What part of Atlanta will he be working. Atlanta Metro is fairly spread out so it might help if we know where the job is or what area you are aiming for. 

Annette


----------



## Countrymama (May 22, 2011)

He'll be working right in the heart of down town--capitol building area.


----------



## jdh520 (Jun 4, 2011)

m=My old roommate lives on Piedmont Dr. in the heart of atlanta in a very nice apt called Alexan 360. He has a wgsd so you could try there.


----------



## Countrymama (May 22, 2011)

Just checked with them and they changed their policy. Banned!


----------



## DanielleOttoMom (May 11, 2010)

New job offer sounds great. Now have you tought about checking laws in the city.... seeing if there is any reason why most apartments don't allow GSD? I would check with an apartment relator. They wound know right off what apartments allow GSD and often don't charge a fee to do so.


----------



## jdh520 (Jun 4, 2011)

Countrymama said:


> Just checked with them and they changed their policy. Banned!

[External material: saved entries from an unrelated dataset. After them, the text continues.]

-- ===== src/Api/Tests.antt =====
-- The client's theorems on concrete calls.
use kafka_ui.Base.{
  ◌≡◌, ◌↔◌, refl, true, false, none, some, List, [], ◌∷◌, Text, codes, split, arith,
}
use kafka_ui.Api.Errors.{Thrown, error_object}
use kafka_ui.Api.Encode.{encode_uri_component}
use kafka_ui.Api.Request.{Response, Reply, replied, value, request}
use kafka_ui.Api.Routes.{Call, groups_reset, topics_list, join, segments}
use kafka_ui.Api.Routes.Laws.{segments-split}
use kafka_ui.Api.Routes.Reloads.{is_login, request-reloads_iff}

abbrev reset : Call
reset =
    groups_reset (codes "c") (codes "a/b")
      (record { topic = codes "t"; reset_to = codes "earliest" })

abbrev reset_parts : List Text
reset_parts =
    codes "clusters" ∷ codes "c" ∷ codes "consumer-groups" ∷ codes "a%2Fb" ∷ codes "reset" ∷ []

reset_at : segments reset ≡ some reset_parts
unfolding segments encode_uri_component
reset_at = refl

segments-split_example : split b'/' (join reset_parts) ≡ [] ∷ reset_parts
segments-split_example =
    segments-split reset reset_parts ((refl, tt), tt)
      ((omega arith, (omega arith, (omega arith, tt))), tt) reset_at

abbrev unauthorized : Reply
unauthorized =
    replied (record { status = 401; status_text = codes "Unauthorized"; json = value none })

abbrev null_error : Thrown
null_error = error_object (codes "TypeError") (codes "error of null")

topics_at :
    segments (topics_list (codes "c")) ≡ some (codes "clusters" ∷ codes "c" ∷ codes "topics" ∷ [])
unfolding segments
topics_at = refl

request-reloads_iff_example :
    ((request null_error
        (join (codes "clusters" ∷ codes "c" ∷ codes "topics" ∷ []))
        unauthorized).reloads
      ≡ true)
    ↔ ((is_login (topics_list (codes "c")) ≡ false)
        × ((r : Response) × (unauthorized ≡ replied r) × (r.status ≡ 401)))
request-reloads_iff_example =
    request-reloads_iff null_error (topics_list (codes "c"))
      (codes "clusters" ∷ codes "c" ∷ codes "topics" ∷ []) unauthorized topics_at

Well dang sorry about that. He is still living there so I wonder how he is getting away with it ha.


----------



## Countrymama (May 22, 2011)

DanielleOttoMom said:


> New job offer sounds great. Now have you tought about checking laws in the city.... seeing if there is any reason why most apartments don't allow GSD? I would check with an apartment relator. They wound know right off what apartments allow GSD and often don't charge a fee to do so.


The breed has been banned from "community living" for being aggressive. The list makes no sense..Basset Hounds and Great Danes are on the list too! What's next Yorkies and tea-cup poodles? Insurance companies refuse to cover any company that allows them.


----------



## jdh520 (Jun 4, 2011)

Just talked to him and make sure your telling these people that your dog is trained. Sometimes that makes all the difference.


----------



## Countrymama (May 22, 2011)

jdh520 said:


> Just talked to him and make sure your telling these people that your dog is trained. Sometimes that makes all the difference.


She's 6 months old, well behaved (although silly) and housebroken/crate trained. I have every intention of muzzling her when we leave the apt. for her protection (so she doesn't get blamed) and the buildings. The apt. list on one site that she's okay, and another that she's not. Who can I talk to?


----------



## Countrymama (May 22, 2011)

I just wrote Alexan 360 with this (and I hope it helps)

"I have a sweet but silly German Shepard who is trained, crate trained and housebroken. I have every intention of muzzling her when we leave the apt. for her protection (so she doesn't get blamed) and the buildings. She will also be crated when we have company, are not home or maintenance is being done. She's family to us and out 4 yr old son's best friend and we're looking for a place that welcomes here."


----------



## jdh520 (Jun 4, 2011)

Sounds good, if they don't accept I'm sure they can help point you in the right direction. Another thought to give is crime is pretty bad in the whole downtown area of Atlanta. Are you sure you want to live in the heart of the city and not commute from outside?


----------



## Countrymama (May 22, 2011)

jdh520 said:


> Sounds good, if they don't accept I'm sure they can help point you in the right direction. Another thought to give is crime is pretty bad in the whole downtown area of Atlanta. Are you sure you want to live in the heart of the city and not commute from outside?


We're still going to look into rental houses and such but the point of an apt. is to save money on not having to deal with yard work and household repairs.


----------



## bocron (Mar 15, 2009)

I'd look into renting in the Brookhaven area, my old stomping grounds. Easy to get into downtown (my old neighborhood was mostly Coke executives) and quick access to Marta and down to the airport. More laid back rentals up and down North Druid Hills and Lenox, Briarcliff, etc.

Annette


----------